Exercise details → Your answer should be the exact lines of the data below from the one containing "open io use" through the one containing "read_u32 = do"; please include nothing else.

○ ○ ○ ○

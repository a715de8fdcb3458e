-- ===== src/Msg/AsyncIo.antt =====
-- src/msg/util/async_io.rs: reads of a fixed size from a stream. The streams are a parameter: the
-- source has them from the crate `futures`.
pub mod Received
pub mod Delivery
use postgread.Prelude.Outcome.{◌>>=◌, pure}
use postgread.Prelude.{
  Stateful, ℕ, zero, suc, ◌+◌, ◌-◌, ◌*◌, ◌/◌, ◌≤◌, ◌<◌, ◌≡◌, refl, ap, List, [], ◌∷◌, ◌++◌, Option,
  none, some, Result, ok, err, length, leb, if◌then◌else◌, AllBytes, u8_of, u32_of, arith,
  append_assoc,
}

-- `std::io::ErrorKind`; `kind` stands for the kinds that the source does not name.
pub data ErrorKind : Type 0 where
  unexpected_eof not_connected other : ErrorKind
  kind : ℕ → ErrorKind

-- `std::io::Error`: its kind and its text.
pub record IoError : Type 0 where
  pub error_kind : ErrorKind
  pub text : List ℕ

abbrev pub IoResult : Type 0 → Type 0
IoResult A = Result IoError A

unfoldable pub error_other : List ℕ → IoError
error_other text = record { error_kind = other; text = text }

unfoldable pub accept_eof_of : {A : Type 0} → ErrorKind → IoError → IoResult (Option A)
accept_eof_of unexpected_eof e = ok none
accept_eof_of _ e = err e

unfoldable pub accept_eof : {A : Type 0} → IoResult A → IoResult (Option A)
accept_eof (ok a) = ok (some a)
accept_eof (err e) = accept_eof_of e.error_kind e

-- What the program uses of `AsyncReadExt` and `AsyncWriteExt`, and what their documentation says
-- of it. `received` and `sent` are what has gone through the stream so far.
pub record ByteStream (S : Type 0) : Type 0 where
  pub read_exact : ℕ → Stateful S IoError (List ℕ)
  pub write_all : List ℕ → Stateful S IoError (Unit {0})
  pub received : S → List ℕ
  pub sent : S → List ℕ
  -- `read_exact` fills its buffer with the next bytes of the stream.
  pub read_exact-length :
      (n : ℕ) (s : S) {bytes : List ℕ} → (read_exact n s).0 ≡ ok bytes → length bytes ≡ n
  pub read_exact-AllBytes :
      (n : ℕ) (s : S) {bytes : List ℕ} → (read_exact n s).0 ≡ ok bytes → AllBytes bytes
  pub read_exact-received :
      (n : ℕ) (s : S) {bytes : List ℕ}
      → (read_exact n s).0 ≡ ok bytes
      → received (read_exact n s).1 ≡ received s ++ bytes
  -- A read sends nothing.
  pub read_exact-sent : (n : ℕ) (s : S) → sent (read_exact n s).1 ≡ sent s
  -- `write_all` sends its whole buffer.
  pub write_all-sent :
      (bytes : List ℕ) (s : S)
      → (write_all bytes s).0 ≡ ok tt
      → sent (write_all bytes s).1 ≡ sent s ++ bytes
  -- A write receives nothing.
  pub write_all-received : (bytes : List ℕ) (s : S) → received (write_all bytes s).1 ≡ received s

abbrev pub batch : ℕ
batch = 65536

module _ {S : Type 0} (io : ByteStream S) where
  open io use {read_exact}

  unfoldable pub read_u8 : Stateful S IoError ℕ
  read_u8 = do buf ← read_exact 1; pure (u8_of buf)

  unfoldable pub read_vec : ℕ → Stateful S IoError (List ℕ)
  read_vec len = do buf ← read_exact len; pure buf

  unfoldable pub read_u32 : Stateful S IoError ℕ
  read_u32 = do buf ← read_exact 4; pure (u32_of buf)

  -- The `while` of `read_and_drop`, with fuel: what is left below a whole batch.
  unfoldable pub drop_loop : ℕ → ℕ → Stateful S IoError ℕ
  drop_loop zero left = pure left
  drop_loop (suc fuel) left =
      let round = read_exact batch >>= λ _. drop_loop fuel (left - batch) in
      if leb batch left then round else pure left

  -- A round takes a whole batch, so `num / batch` rounds are made, and one test more.
  unfoldable pub read_and_drop : ℕ → Stateful S IoError (Unit {0})
  unfolding drop_loop
  read_and_drop num = do left ← drop_loop (num / batch + 1) num; _ ← read_exact left; pure tt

○ ○ ○ ○

Written answer →
  open io use {read_exact}

  unfoldable pub read_u8 : Stateful S IoError ℕ
  read_u8 = do buf ← read_exact 1; pure (u8_of buf)

  unfoldable pub read_vec : ℕ → Stateful S IoError (List ℕ)
  read_vec len = do buf ← read_exact len; pure buf

  unfoldable pub read_u32 : Stateful S IoError ℕ
  read_u32 = do buf ← read_exact 4; pure (u32_of buf)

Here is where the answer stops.